How to filter numpy array by list of indices?

Question

I have a numpy array, filtered__rows , comprised of LAS data [x, y, z, intensity, classification] . I have created a cKDTree of points and have found nearest neighbors, query_ball_point , which is a list of indices for the point and its neighbors.

Is there a way to filter filtered__rows to create an array of only points whose index is in the list returned by query_ball_point ?

Answer 1

It looks like you just need a basic integer array indexing :

filter_indices = [1,3,5]
np.array([11,13,155,22,0xff,32,56,88])[filter_indices] 

Answer 2

numpy.take can be useful and works well for multimensional arrays.

import numpy as np

filter_indices = [1, 2]
array = np.array([[1, 2, 3, 4, 5], 
                  [10, 20, 30, 40, 50], 
                  [100, 200, 300, 400, 500]])

axis = 0
print(np.take(array, filter_indices, axis))
# [[ 10  20  30  40  50]
#  [100 200 300 400 500]]

axis = 1
print(np.take(array, filter_indices, axis))
# [[  2   3]
#  [ 20  30]
# [200 300]]

Answer 3

Using Docs: https://docs.scipy.org/doc/numpy-1.13.0/user/basics.indexing.html The following implementation should work for arbitrary number of dimensions/shapes for some numpy ndarray.
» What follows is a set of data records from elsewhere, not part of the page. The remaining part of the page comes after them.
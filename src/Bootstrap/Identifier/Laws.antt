-- ===== src/Bootstrap/Identifier/Laws.antt =====
-- What the tests on identifiers and digests accept.
use mathlib.Core.List.{reverse, reverse-append}
use sovereignite.Base.{
  Bytes, same, to_lower, lower, is_prefix, ℕ, ◌+◌, ◌≤◌, ◌<◌, String, Bool, true, false, not, ◌&&◌,
  ◌||◌, none, List, [], ◌∷◌, leb, ◌==◌, first_error, first_error-none, fail_if-none, &&-true, map,
  ◌-◌, length, all, any, All, ◌≡◌, refl, ◌↔◌, arith, ◌++◌, ◌∙◌, Bool-cases, inl, inr,
}
use sovereignite.Bootstrap.Identifier.Moving.{IsMovingName, is_moving_iff}
use sovereignite.Bootstrap.Identifier.{
  validate_required_identifier, validate_pinned_identifier, is_moving, is_printable,
  required_checks, pinned_checks, has_surrounding_space, spaces, is_hex_digit, decodes,
  valid_sha256,
}

-- What an accepted identifier is: 1 to 256 bytes of printable ASCII with no space.
pub record IsIdentifier (v : Bytes) : Type 0 where
  pub nonempty : 0 < length v
  pub bounded : length v ≤ 256
  pub printable : All (λ c. (0x21 ≤ c) × (c ≤ 0x7E)) v

all-printable : (v : Bytes) → all is_printable v ≡ true → All (λ c. (0x21 ≤ c) × (c ≤ 0x7E)) v
all-printable [] h = tt
all-printable (c ∷ v) h = (ground arith, all-printable v (ground arith))

printable-all : (v : Bytes) → All (λ c. (0x21 ≤ c) × (c ≤ 0x7E)) v → all is_printable v ≡ true
printable-all [] h = refl
printable-all (c ∷ v) h = ground (arith, printable-all v h.1)

-- A list of byte sequences, each of which begins with a byte that is not printable.
abbrev begins_unprintable : Bytes → Bool
begins_unprintable [] = false
begins_unprintable (c ∷ w) = not (is_printable c)

is_prefix-unprintable :
    (w v : Bytes) → begins_unprintable w ≡ true → all is_printable v ≡ true → is_prefix w v ≡ false
unfolding is_prefix
is_prefix-unprintable [] v b h = cc
is_prefix-unprintable (c ∷ w) [] b h = refl
is_prefix-unprintable (c ∷ w) (d ∷ v) b h = ground arith

any-is_prefix-unprintable :
    (f : Bytes → Bytes) (ws : List Bytes) (v : Bytes)
    → all (λ w. begins_unprintable (f w)) ws ≡ true
    → all is_printable v ≡ true
    → any (λ w. is_prefix (f w) v) ws ≡ false
any-is_prefix-unprintable f [] v b h = refl
any-is_prefix-unprintable f (w ∷ ws) v b h =
    ground (arith, is_prefix-unprintable (f w) v, any-is_prefix-unprintable f ws v)

all-append : (p : ℕ → Bool) (x y : Bytes) → all p (x ++ y) ≡ (all p x && all p y)
all-append p [] y = refl
all-append p (c ∷ x) y = ground (arith, all-append p x y)

all-reverse : (p : ℕ → Bool) (x : Bytes) → all p (reverse x) ≡ all p x
all-reverse p [] = refl
all-reverse p (c ∷ x) =
    rw (reverse-append (c ∷ []) x, all-append p (reverse x) (c ∷ []), all-reverse p x)
      (ground arith)

no_surrounding_space : (v : Bytes) → all is_printable v ≡ true → has_surrounding_space v ≡ false
unfolding has_surrounding_space
no_surrounding_space v h =
    rw
      (
        any-is_prefix-unprintable (λ w. w) spaces v refl h,
        any-is_prefix-unprintable reverse spaces (reverse v) refl (all-reverse is_printable v ∙ h),
      )
      refl

-- An identifier is accepted exactly when it is 1 to 256 bytes of printable ASCII with no space:
-- the separate test for surrounding white space refuses nothing that the others let through.
pub validate_required_identifier-IsIdentifier :
    (name : String) (v : Bytes) → (validate_required_identifier name v ≡ none) ↔ IsIdentifier v
unfolding validate_required_identifier first_error
validate_required_identifier-IsIdentifier name v = (
  λ h.
      let passed = first_error-none (required_checks name v) h in
      record {
        nonempty = ground (arith, fail_if-none _ _ passed.0);
        bounded = ground (arith, fail_if-none _ _ passed.1.0);
        printable = all-printable v (ground (arith, fail_if-none _ _ passed.1.1.1.0));
      },
  λ h. ground (arith, printable-all v h.printable, no_surrounding_space v),
)

-- A pinned identifier is an identifier that is none of the moving names, however its letters are written.
abbrev pub IsPinned : Bytes → Type 0
IsPinned v = IsIdentifier v × ¬ IsMovingName v

ascii : (v : Bytes) → All (λ c. (0x21 ≤ c) × (c ≤ 0x7E)) v → All (λ c. c ≤ 0x7E) v
ascii [] h = tt
ascii (c ∷ v) h = (h.0.1, ascii v h.1)

not_moving_iff : (v : Bytes) → IsIdentifier v → (is_moving v ≡ false) ↔ (¬ IsMovingName v)
not_moving_iff v h = (
  λ e n. cc (e, (is_moving_iff v (ascii v h.printable)).1 n),
  λ fixed. elim (Bool-cases (is_moving v)) [
    | inl e ↦ absurd (fixed ((is_moving_iff v (ascii v h.printable)).0 e))
    | inr e ↦ e
  ],
)

-- A version is accepted as pinned exactly when it is 1 to 256 bytes of printable ASCII without a space and is none of
-- latest, main, master, head, stable and nightly, with each letter small or capital.
pub validate_pinned_identifier-IsPinned :
    (name : String) (v : Bytes) → (validate_pinned_identifier name v ≡ none) ↔ IsPinned v
unfolding validate_pinned_identifier first_error
validate_pinned_identifier-IsPinned name v = (
  λ h.
      let passed = first_error-none (pinned_checks name v) h in
      let identifier = (validate_required_identifier-IsIdentifier name v).0 passed.0 in
      (identifier, (not_moving_iff v identifier).0 (fail_if-none _ _ passed.1.0)),
  λ h. rw ((validate_required_identifier-IsIdentifier name v).1 h.0, (not_moving_iff v h.0).1 h.1),
)

-- The bytes of a canonical digest: 64 of 0-9 and a-f.
abbrev pub is_lower_hex : ℕ → Bool
is_lower_hex c = leb b'0' c && leb c b'9' || leb b'a' c && leb c b'f'

abbrev pub IsDigest : Bytes → Type 0
IsDigest v = (length v ≡ 64) × (all is_lower_hex v ≡ true)

decodes-of_lower_hex :
    (v : Bytes) (k : ℕ) → all is_lower_hex v ≡ true → length v ≡ k + k → decodes v ≡ true
unfolding decodes
decodes-of_lower_hex [] k h e = refl
decodes-of_lower_hex (a ∷ []) k h e = absurd (omega arith)
decodes-of_lower_hex (a ∷ b ∷ v) k h e = ground (arith, decodes-of_lower_hex v (k - 1))

to_lower-of_lower_hex : (v : Bytes) → all is_lower_hex v ≡ true → same (to_lower v) v ≡ true
unfolding to_lower same
to_lower-of_lower_hex [] h = refl
to_lower-of_lower_hex (a ∷ []) h = ground arith
to_lower-of_lower_hex (a ∷ b ∷ []) h = ground arith
to_lower-of_lower_hex (a ∷ b ∷ c ∷ v) h = ground (arith, to_lower-of_lower_hex (b ∷ c ∷ v))

decodes-is_hex_digit : (v : Bytes) → decodes v ≡ true → all is_hex_digit v ≡ true
unfolding decodes
decodes-is_hex_digit [] d = refl
decodes-is_hex_digit (a ∷ []) d = cc
decodes-is_hex_digit (a ∷ b ∷ v) d = ground (arith, decodes-is_hex_digit v)

-- A hexadecimal digit begins no letter beyond ASCII.
not_lead : (a : ℕ) → is_hex_digit a ≡ true → ((a == 0xC4) ≡ false) × ((a == 0xE2) ≡ false)
not_lead a h = (ground arith, ground arith)

to_lower-of_hex : (v : Bytes) → all is_hex_digit v ≡ true → to_lower v ≡ map lower v
unfolding to_lower
to_lower-of_hex [] h = refl
to_lower-of_hex (a ∷ []) h = refl
to_lower-of_hex (a ∷ b ∷ []) h = rw (not_lead a (&&-true _ _ h).0).0
to_lower-of_hex (a ∷ b ∷ c ∷ v) h =
    let (ha, hv) = &&-true _ _ h in
    rw ((not_lead a ha).0, (not_lead a ha).1, to_lower-of_hex (b ∷ c ∷ v) hv)

lower_hex-of_same :
    (v : Bytes)
    → all is_hex_digit v ≡ true
    → same (map lower v) v ≡ true
    → all is_lower_hex v ≡ true
unfolding same lower
lower_hex-of_same [] d h = refl
lower_hex-of_same (a ∷ v) d h = ground (arith, lower_hex-of_same v)

lower_hex-of_to_lower :
    (v : Bytes) → same (to_lower v) v ≡ true → decodes v ≡ true → all is_lower_hex v ≡ true
lower_hex-of_to_lower v h d =
    let hex = decodes-is_hex_digit v d in lower_hex-of_same v hex (rw (to_lower-of_hex v hex) at h)

-- A digest is accepted exactly when it is 64 bytes, each of them 0-9 or a-f.
pub valid_sha256-IsDigest : (v : Bytes) → (valid_sha256 v ≡ true) ↔ IsDigest v
unfolding valid_sha256
valid_sha256-IsDigest v = (
  λ h. (ground arith, lower_hex-of_to_lower v (ground arith) (ground arith)),
  λ h. ground (arith, to_lower-of_lower_hex v, decodes-of_lower_hex v 32),
)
First we need a multi-dimensional set of indexes and some example data:

import numpy as np
y = np.arange(35).reshape(5,7)
print(y) 
indexlist = [[0,1], [0,2], [3,3]]
print ('indexlist:', indexlist)

To actually extract the intuitive result the trick is to use a Transpose:

indexlisttranspose = np.array(indexlist).T.tolist()
print ('indexlist.T:', indexlisttranspose)
print ('y[indexlist.T]:', y[ tuple(indexlisttranspose) ])

Makes the following terminal output:

 y: [[ 0 1 2 3 4 5 6] [ 7 8 9 10 11 12 13] [14 15 16 17 18 19 20] [21 22 23 24 25 26 27] [28 29 30 31 32 33 34]] indexlist: [[0, 1], [0, 2], [3, 3]] indexlist.T: [[0, 0, 3], [1, 2, 3]] y[indexlist.T]: [ 1 2 24]

The tuple... fixes a future warning which we can cause like so:

print ('y[indexlist.T]:', y[ indexlisttranspose ])

 FutureWarning: Using a non-tuple sequence for multidimensional indexing is deprecated; use `arr[tuple(seq)]` instead of `arr[seq]`. In the future this will be interpreted as an array index, `arr[np.array(seq)]`, which will result either in an error or a different result. print ('y[indexlist.T]:', y[ indexlisttranspose ]) y[indexlist.T]: [ 1 2 24]

Answer 4

Do you know how that translates for multi-dimensional arrays?

It can be expanded to multi dimensional arrays by giving a 1d array for every index so for a 2d array

filter_indices=np.array([[1,0],[0,1]])
array=np.array([[0,1],[1,2]])
print(array[filter_indices[:,0],filter_indices[:,1])

will give you : [1,1]

Scipy has an explanation on what will happen if you call: print(array[filter_indices])

Docs - https://docs.scipy.org/doc/numpy-1.13.0/user/basics.indexing.html

Answer 5

最快的方法是X[tuple(index.T)] ，其中X是包含元素的 ndarray， index是希望检索的索引的 ndarray。